# Exercise data:
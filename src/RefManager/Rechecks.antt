-- ===== src/RefManager/Rechecks.antt =====
-- How often a Claim of pkg/util/controller/controller_ref_manager.go makes a kind of call.
use loadbalancer_controller.Common.{
  ℕ, ◌+◌, ◌≤◌, arith, Bool, true, false, not, ◌||◌, Option, none, some, List, [], ◌∷◌, ◌==◌,
  string_eq, is_some, Bool-cases, inl, inr,
}
use loadbalancer_controller.Common.Effects.{
  Error, Reply, reply, failed, Result, ok, err, panic, blocked, Exec, continue, pure, observed,
}
use loadbalancer_controller.Api.{ObjectMeta, OwnerReference}
use loadbalancer_controller.Cluster.{Library, Call}
use loadbalancer_controller.RefManager.{
  RefManager, Once, after_adopt, after_release, claim_owned, claim_orphan, claim_by, claim_object,
  collect, claim_loop, claim_with, matches_selector,
}

-- The recheck is still to be made, or has been made.
abbrev pub budget : Once → ℕ
budget none = 1
budget (some r) = 0

-- For a number that the calls add up to: with the recheck that may follow, it is at most so much.
module _ (size : List Call → ℕ) where
  abbrev pub IsBounded : {X : Type 0} → ℕ → Result (X × Once) × List Call → Type 0
  IsBounded n (ok (x, once), h) = size h + budget once ≤ n
  IsBounded n (err e, h) = size h ≤ n
  IsBounded n (panic, h) = size h ≤ n
  IsBounded n (blocked, h) = size h ≤ n

  adopted-IsBounded :
      (n : ℕ) (out : Result (Reply (Unit {0}) × Once) × List Call)
      → IsBounded n out
      → IsBounded n (continue out.0 after_adopt out.1)
  unfolding after_adopt
  adopted-IsBounded n (ok (reply u, once), h) b = b
  adopted-IsBounded n (ok (failed e, once), h) b = b
  adopted-IsBounded n (err e, h) b = b
  adopted-IsBounded n (panic, h) b = b
  adopted-IsBounded n (blocked, h) b = b

  released-IsBounded :
      (n : ℕ) (once : Once) (out : Result (Unit {0}) × List Call)
      → size out.1 + budget once ≤ n
      → IsBounded n (continue (observed out.0) (after_release once) out.1)
  unfolding after_release
  released-IsBounded n once (ok u, h) b = b
  released-IsBounded n once (err e, h) b = b
  released-IsBounded n once (panic, h) b = omega (arith, b)
  released-IsBounded n once (blocked, h) b = omega (arith, b)

  module _ (L : Library) (m : RefManager) {A : Type 0} (meta_of : A → ObjectMeta)
      (adopt : A → Once → Exec Call (Reply (Unit {0}) × Once)) (release : A → Exec Call (Unit {0}))
      (adopts : (obj : A) (once : Once) (h : List Call)
        → IsBounded (size h + budget once) (adopt obj once h))
      (releases : (obj : A) (h : List Call) → size (release obj h).1 ≤ size h) where
    claim_by-IsBounded :
        (obj : A) (ref : Option OwnerReference) (once : Once) (h : List Call)
        → IsBounded (size h + budget once) (claim_by L m meta_of adopt release obj ref once h)
    unfolding claim_by claim_owned claim_orphan
    claim_by-IsBounded obj none once h =
        let n = size h + budget once in
        let same : IsBounded n (pure (reply false, once) h) = omega arith in
        elim (Bool-cases
          (is_some m.controller.deletion_timestamp || not (matches_selector L m meta_of obj))) [
            | inl skipped ↦ rw skipped same
            | inr wanted ↦ elim (Bool-cases (is_some (meta_of obj).deletion_timestamp)) [
              | inl deleted ↦ rw (wanted, deleted) same
              | inr alive ↦
                  rw (wanted, alive) (adopted-IsBounded n (adopt obj once h) (adopts obj once h))
            ]
          ]
    claim_by-IsBounded obj (some ref) once h =
        let n = size h + budget once in
        let same : IsBounded n (pure (reply false, once) h) = omega arith in
        let kept : IsBounded n (pure (reply true, once) h) = omega arith in
        elim (Bool-cases (ref.uid == m.controller.uid)) [
          | inr foreign ↦ rw foreign same
          | inl own ↦ elim (Bool-cases (matches_selector L m meta_of obj)) [
            | inl matching ↦ rw (own, matching) kept
            | inr stray ↦ elim (Bool-cases (is_some m.controller.deletion_timestamp)) [
              | inl deleted ↦ rw (own, stray, deleted) same
              | inr alive ↦
                  rw (own, stray, alive)
                    (released-IsBounded n once (release obj h) (omega (arith, releases obj h)))
            ]
          ]
        ]

    stepped :
        (objs : List A) (found : List A × List Error) (obj : A) (n : ℕ)
        (out : Result (Reply Bool × Once) × List Call)
        → ((once : Once) (g : List A × List Error) (h : List Call)
            → size (claim_loop L m meta_of adopt release objs once g h).1 ≤ size h + budget once)
        → IsBounded n out
        → size
            (continue out.0
              (λ (r, once').
                claim_loop L m meta_of adopt release objs once'
                  (collect L m meta_of adopt release obj r found))
              out.1).1
          ≤ n
    stepped objs found obj n (ok (r, once), h) rest b =
        omega (arith, b, rest once (collect L m meta_of adopt release obj r found) h)
    stepped objs found obj n (err e, h) rest b = b
    stepped objs found obj n (panic, h) rest b = b
    stepped objs found obj n (blocked, h) rest b = b

    claim_loop-size :
        (objs : List A) (once : Once) (found : List A × List Error) (h : List Call)
        → size (claim_loop L m meta_of adopt release objs once found h).1 ≤ size h + budget once
    unfolding claim_loop claim_object
    claim_loop-size [] once found h = omega arith
    claim_loop-size (obj ∷ objs) once found h =
        stepped objs found obj _ (claim_object L m meta_of adopt release obj once h)
          (claim_loop-size objs) (claim_by-IsBounded obj (L.get_controller_of (meta_of obj)) once h)

    finished :
        (n : ℕ) (out : Result (List A × List Error) × List Call)
        → size out.1 ≤ n
        → size
            (continue {B = List A × Option Error} out.0
              (λ (claimed, errs). pure (claimed, L.new_aggregate errs))
              out.1).1
          ≤ n
    finished n (ok (claimed, errs), h) b = b
    finished n (err e, h) b = b
    finished n (panic, h) b = b
    finished n (blocked, h) b = b

    -- If an adoption adds no more than the one recheck of a claim, and a release adds nothing, then
    -- a claim adds at most one.
    pub claim_with-size :
        (objs : List A) (h : List Call)
        → size (claim_with L m meta_of adopt release objs h).1 ≤ size h + 1
    unfolding claim_with
    claim_with-size objs h =
        finished _ (claim_loop L m meta_of adopt release objs none ([], []) h)
          (claim_loop-size objs none ([], []) h)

# Work task:
Within the material above, copy exactly the lines from the line that holds "adopted-IsBounded n (blocked, h) b = b" up to and including the line that holds "(adopt obj once h))".

# Finished exercise:
  adopted-IsBounded n (blocked, h) b = b

  released-IsBounded :
      (n : ℕ) (once : Once) (out : Result (Unit {0}) × List Call)
      → size out.1 + budget once ≤ n
      → IsBounded n (continue (observed out.0) (after_release once) out.1)
  unfolding after_release
  released-IsBounded n once (ok u, h) b = b
  released-IsBounded n once (err e, h) b = b
  released-IsBounded n once (panic, h) b = omega (arith, b)
  released-IsBounded n once (blocked, h) b = omega (arith, b)

  module _ (L : Library) (m : RefManager) {A : Type 0} (meta_of : A → ObjectMeta)
      (adopt : A → Once → Exec Call (Reply (Unit {0}) × Once)) (release : A → Exec Call (Unit {0}))
      (adopts : (obj : A) (once : Once) (h : List Call)
        → IsBounded (size h + budget once) (adopt obj once h))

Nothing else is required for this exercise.